Myrceugenia colchaguensis

Scientific classification
- Kingdom: Plantae
- Clade: Tracheophytes
- Clade: Angiosperms
- Clade: Eudicots
- Clade: Rosids
- Order: Myrtales
- Family: Myrtaceae
- Genus: Myrceugenia
- Species: M. colchaguensis
- Binomial name: Myrceugenia colchaguensis (Phil.) Navas

= Myrceugenia colchaguensis =

- Genus: Myrceugenia
- Species: colchaguensis
- Authority: (Phil.) Navas

Species of plant

Myrceugenia colchaguensis is a species of small evergreen tree in the genus Myrceugenia of the family Myrtaceae. It is endemic to Chile where it is found in the coastal mountain range at altitudes below 400 m. Common names by which this tree is known include colchaguillo, arrayan de colchagua and lumilla.

==Description==
Myrceugenia colchaguensis is a large shrub or small evergreen tree growing to a height of about 4 m. The bark is pale brown, smooth at first but later becoming fissured. The young shoots are densely hairy but this pubescence is lost on older stems and leaves. The opposite pairs of short-stalked leaves are 0.7 to 2.0 cm long and 0.4 to 1.2 cm wide. They have entire margins and blunt or rounded tips and rounded bases, being dark green above and pale green beneath. The flowers grow singly in the axes of the leaves. The four calyx lobes are covered in dense yellow hairs and the four petals are white. Each flower has a cluster of about two hundred stamens and a single, slightly longer style. The berries are green at first but ripen to yellow and orange with a diameter of about 7 mm. The flowering period is January and February and the fruits ripen in October and November.

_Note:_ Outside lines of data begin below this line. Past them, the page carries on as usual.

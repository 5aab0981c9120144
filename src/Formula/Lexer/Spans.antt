-- ===== src/Formula/Lexer/Spans.antt =====
-- The lexer returns on every source, and its tokens stand one behind another in the source.
use salesmaker.Base.{
  ℕ, zero, suc, ◌+◌, ◌-◌, ◌≤◌, ◌<◌, ◌≡◌, refl, ◌≢◌, Bool, true, false, ◌&&◌, ◌||◌, Option, none,
  some, List, [], ◌∷◌, ◌==◌, ltb, if◌then◌else◌, length, drop, arith, Bool-cases, inl, inr, All,
}
use salesmaker.Base.Text.{Text}
use salesmaker.Formula.Syntax.{Operator, FormulaError, Result}
use salesmaker.Formula.Post.{Post, returns, throws, ◌⟫◌, weaken}
use salesmaker.Formula.Lexer.{
  TokenKind, number, ident, global, open_paren, close_paren, comma, eof, Token, operators, is_space,
  is_digit, is_ident_start, head_is, tail, span_while, lex_number, lex_ident, after_comment,
  Literal, closed, unterminated, bad_escape, prepend, escaped, escape_of, lex_text, find_operator,
  starts_with, Step, skip, token, stop, position, comment_step, literal_step, operator_step,
  number_step, name_step, lex_round, lex_step, lex, tokenize, max_formula_length,
}

-- From position `i` on, the tokens follow one another inside a source of length `n`, none of them
-- is empty, and the one end marker stands last.
pub data Chain (n : ℕ) : ℕ → List Token → Type 0 where
  last :
      {i : ℕ} → i ≤ n → Chain n i (record { kind = eof; span = record { start = n; end = n } } ∷ [])
  next :
      {i : ℕ} {t : Token} {ts : List Token}
      → i ≤ t.span.start
      → t.span.start < t.span.end
      → t.span.end ≤ n
      → t.kind ≢ eof
      → Chain n t.span.end ts
      → Chain n i (t ∷ ts)

-- A round leaves at most `m` characters, and makes no end marker.
data Moves (m : ℕ) : Step → Type 0 where
  skips : {rest : Text} → length rest ≤ m → Moves m (skip rest)
  tokens :
      {kind : TokenKind} {rest : Text} → kind ≢ eof → length rest ≤ m → Moves m (token kind rest)
  stops : {e : FormulaError} → Moves m (stop e)

length-span_while : (p : ℕ → Bool) (s : Text) → length (span_while p s).1 ≤ length s
unfolding span_while
length-span_while p [] = omega arith
length-span_while p (c ∷ r) = ground (arith, length-span_while p r)

length-tail : (s : Text) → length (tail s) ≤ length s
length-tail [] = omega arith
length-tail (c ∷ s) = omega arith

length-lex_number :
    (c : ℕ) (r : Text) → (is_digit c || c == b'.') ≡ true → length (lex_number (c ∷ r)).1 ≤ length r
unfolding lex_number span_while
length-lex_number c r h = ground (
  arith,
  length-span_while is_digit r,
  length-span_while is_digit (tail r),
  length-span_while is_digit (tail (span_while is_digit r).1),
  length-tail (span_while is_digit r).1,
)

length-lex_ident : (s : Text) → length (lex_ident s).1 ≤ length s
unfolding lex_ident
length-lex_ident [] = omega arith
length-lex_ident (c ∷ r) = ground (arith, length-lex_ident r)

after_comment-shorter :
    (s : Text) {rest : Text} → after_comment s ≡ some rest → length rest ≤ length s
unfolding after_comment
after_comment-shorter [] e = cc
after_comment-shorter (a ∷ []) e = cc
after_comment-shorter (a ∷ b ∷ r) {rest} e =
    ground (arith, after_comment-shorter (b ∷ r) {rest = rest})

-- A closed literal leaves no more than it was given.
abbrev Leaves : ℕ → Literal → Type 0
Leaves m (closed v rest) = length rest ≤ m
Leaves m unterminated = Unit
Leaves m (bad_escape i) = Unit

prepend-Leaves : (c m : ℕ) (l : Literal) → Leaves m l → Leaves (suc m) (prepend c l)
prepend-Leaves c m (closed v r) h = omega arith
prepend-Leaves c m unterminated h = tt
prepend-Leaves c m (bad_escape i) h = tt

escaped-Leaves :
    (o : Option ℕ) (i m : ℕ) (l : Literal) → Leaves m l → Leaves (suc (suc m)) (escaped o i l)
escaped-Leaves none i m l h = tt
escaped-Leaves (some d) i m (closed v r) h = omega arith
escaped-Leaves (some d) i m unterminated h = tt
escaped-Leaves (some d) i m (bad_escape j) h = tt

lex_text-Leaves : (quote i : ℕ) (s : Text) → Leaves (length s) (lex_text quote i s)
unfolding lex_text
lex_text-Leaves quote i [] = tt
lex_text-Leaves quote i (c ∷ []) = ground arith
lex_text-Leaves quote i (c ∷ d ∷ r) = elim (Bool-cases (c == quote)) [
  | inl e ↦ rw e (omega arith)
  | inr e ↦ rw e (elim (Bool-cases (c == b'\\')) [
    | inl e' ↦ rw e' (
        escaped-Leaves (escape_of d) i _ (lex_text quote (i + 2) r)
          (lex_text-Leaves quote (i + 2) r))
    | inr e' ↦ rw e' (
        prepend-Leaves c _ (lex_text quote (i + 1) (d ∷ r)) (lex_text-Leaves quote (i + 1) (d ∷ r)))
  ])
]

-- What `find` finds has a spelling that is not empty.
abbrev Spelled : Option (Text × Operator) → Type 0
Spelled none = Unit
Spelled (some p) = 0 < length p.0

find_operator-Spelled :
    (table : List (Text × Operator)) (s : Text)
    → All (λ q. 0 < length q.0) table
    → Spelled (find_operator table s)
unfolding find_operator
find_operator-Spelled [] s h = tt
find_operator-Spelled (q ∷ table) s (h, hs) = elim (Bool-cases (starts_with q.0 s)) [
  | inl hit ↦ rw hit h
  | inr miss ↦ rw miss (find_operator-Spelled table s hs)
]

length-drop : (k : ℕ) (r : Text) → length (drop k r) ≤ length r
length-drop zero r = omega arith
length-drop (suc k) [] = omega arith
length-drop (suc k) (c ∷ r) = omega (arith, length-drop k r)

length-drop_pos : (k : ℕ) (c : ℕ) (r : Text) → 0 < k → length (drop k (c ∷ r)) ≤ length r
length-drop_pos zero c r h = absurd (omega arith)
length-drop_pos (suc k) c r h = length-drop k r

-- What follows a comment is no longer than what it was looked for in.
abbrev Within : ℕ → Option Text → Type 0
Within m none = Unit
Within m (some rest) = length rest ≤ m

after_comment-Within : (s : Text) → Within (length s) (after_comment s)
after_comment-Within s = go (after_comment s) refl
  where
    go : (o : Option Text) → after_comment s ≡ o → Within (length s) o
    go none e = tt
    go (some rest) e = after_comment-shorter s e

comment_step-Moves :
    (n i m k : ℕ) (o : Option Text) → Within m o → m ≤ k → Moves k (comment_step n i o)
unfolding comment_step
comment_step-Moves n i m k none w h = stops
comment_step-Moves n i m k (some rest) w h = skips (omega arith)

literal_step-Moves : (n i m : ℕ) (l : Literal) → Leaves m l → Moves m (literal_step n i l)
unfolding literal_step
literal_step-Moves n i m (closed v rest) w = tokens (λ e. cc) w
literal_step-Moves n i m unterminated w = stops
literal_step-Moves n i m (bad_escape at) w = stops

operator_step-Moves :
    (i c : ℕ) (r : Text) (o : Option (Text × Operator))
    → Spelled o
    → Moves (length r) (operator_step i c (c ∷ r) o)
unfolding operator_step
operator_step-Moves i c r none h = stops
operator_step-Moves i c r (some p) h = tokens (λ e. cc) (length-drop_pos (length p.0) c r h)

operators-Spelled : All (λ q. 0 < length q.0) operators
operators-Spelled = omega arith

Moves-if :
    (b : Bool) (m : ℕ) (s t : Step)
    → (b ≡ true → Moves m s)
    → Moves m t
    → Moves m (if b then s else t)
Moves-if true m s t h k = h refl
Moves-if false m s t h k = k

if-ne-eof : (b : Bool) (v : Text) → (if b then global v else ident v) ≢ eof
if-ne-eof true v e = cc
if-ne-eof false v e = cc

number_step-Moves :
    (n i m : ℕ) (digits rest : Text) → length rest ≤ m → Moves m (number_step n i digits rest)
unfolding number_step
number_step-Moves n i m digits rest h =
    Moves-if (head_is is_ident_start rest) m _ (token (number digits) rest) (λ _. stops)
      (tokens (λ e. cc) h)

name_step-Moves :
    (i c m : ℕ) (name rest : Text) → length rest ≤ m → Moves m (name_step i c name rest)
unfolding name_step
name_step-Moves i c m name rest h =
    Moves-if (c == b'$' && length (c ∷ name) == 1) m _
      (token (if c == b'$' then global (c ∷ name) else ident (c ∷ name)) rest) (λ _. stops)
      (tokens (if-ne-eof _ _) h)

digit_or_point : (a b d : Bool) → (a || (b && d)) ≡ true → (a || b) ≡ true
digit_or_point a b d h = ground arith

token-Moves : (k : TokenKind) (r : Text) → k ≢ eof → Moves (length r) (token k r)
token-Moves k r h = tokens h (omega arith)

lex_step-Moves : (n i c : ℕ) (r : Text) → Moves (length r) (lex_step n i c r)
unfolding lex_step
lex_step-Moves n i c r =
    let m : ℕ = length r in
    let digits : Text = (lex_number (c ∷ r)).0 in
    let after : Text = (lex_number (c ∷ r)).1 in
    let name : Text = (lex_ident r).0 in
    let behind : Text = (lex_ident r).1 in
    Moves-if (is_space c) m (skip r) _ (λ _. skips (omega arith))
      (Moves-if (c == b'/' && head_is (λ d. d == b'*') r) m
        (comment_step n i (after_comment (tail r))) _
        (λ _. comment_step-Moves n i _ m _ (after_comment-Within (tail r)) (length-tail r))
        (Moves-if (is_digit c || (c == b'.' && head_is is_digit r)) m (number_step n i digits after)
          _
          (λ h. number_step-Moves n i m digits after (
            length-lex_number c r (digit_or_point (is_digit c) (c == b'.') (head_is is_digit r) h)))
          (Moves-if (c == b'\'' || c == b'"') m (literal_step n i (lex_text c (i + 1) r)) _
            (λ _. literal_step-Moves n i m _ (lex_text-Leaves c (i + 1) r))
            (Moves-if (c == b'$' || is_ident_start c) m (name_step i c name behind) _
              (λ _. name_step-Moves i c m name behind (length-lex_ident r))
              (Moves-if (c == b'(') m (token open_paren r) _
                (λ _. token-Moves open_paren r (λ e. cc))
                (Moves-if (c == b')') m (token close_paren r) _
                  (λ _. token-Moves close_paren r (λ e. cc))
                  (Moves-if (c == b',') m (token comma r) _ (λ _. token-Moves comma r (λ e. cc))
                    (operator_step-Moves i c r (find_operator operators (c ∷ r))
                      (find_operator-Spelled operators (c ∷ r) operators-Spelled)))))))))

Chain-mono : {n i j : ℕ} {ts : List Token} → j ≤ i → Chain n i ts → Chain n j ts
Chain-mono h (last k) = last (omega arith)
Chain-mono h (next a b c k r) = next (omega arith) b c k r

lex_round-Chain :
    (more : Text → Result (List Token)) (n m : ℕ) (step : Step)
    → suc m ≤ n
    → ((rest : Text) → length rest ≤ m → Post (Chain n (position n rest)) (more rest))
    → Moves m step
    → Post (Chain n (n - suc m)) (lex_round more n (n - suc m) step)
unfolding lex_round
lex_round-Chain more n m (skip rest) h ih (skips w) =
    weaken (λ ts. Chain-mono (omega arith)) (ih rest w)
lex_round-Chain more n m (token kind rest) h ih (tokens k w) =
    ih rest w ⟫ λ ts c. returns (next (omega arith) (omega arith) (omega arith) k c)
lex_round-Chain more n m (stop e) h ih w = throws

lex-Chain :
    (f n : ℕ) (s : Text) → length s < f → length s ≤ n → Post (Chain n (position n s)) (lex f n s)
unfolding lex
lex-Chain zero n s h k = absurd (omega arith)
lex-Chain (suc f) n [] h k = returns (last (omega arith))
lex-Chain (suc f) n (c ∷ r) h k =
    lex_round-Chain (lex f n) n (length r) (lex_step n (position n (c ∷ r)) c r) k
      (λ rest w. lex-Chain f n rest (omega arith) (omega arith)) (lex_step-Moves n _ c r)

-- On every source the lexer returns: either a syntax error, or tokens that stand one behind another
-- inside the source, none of them empty, with the end marker last and nowhere else.
pub tokenize-Chain : (source : Text) → Post (Chain (length source) 0) (tokenize source)
unfolding tokenize
tokenize-Chain source = elim (Bool-cases (ltb max_formula_length (length source))) [
  | inl long ↦ rw long throws
  | inr short ↦ rw short (
      let n : ℕ = length source in
      let e : n - n ≡ 0 = omega arith in
      rw e at (lex-Chain (suc n) n source (omega arith) (omega arith)))
]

==Distribution and habitat==
Myrceugenia colchaguensis is endemic to the coastal region of Chile and has a distribution that extends from the province of Valparaiso to Cautín. Although this range is wide, it is also extremely patchy as it is present only in a number of small subpopulations in coastal areas, one or two in the Chilean Central Valley and possibly one in the Andes. Its altitudinal range is 50 to 400 m. It prefers humid habitats and usually grows among other members of the family Myrtaceae. It is only present in about ten locations and is considered "critically endangered".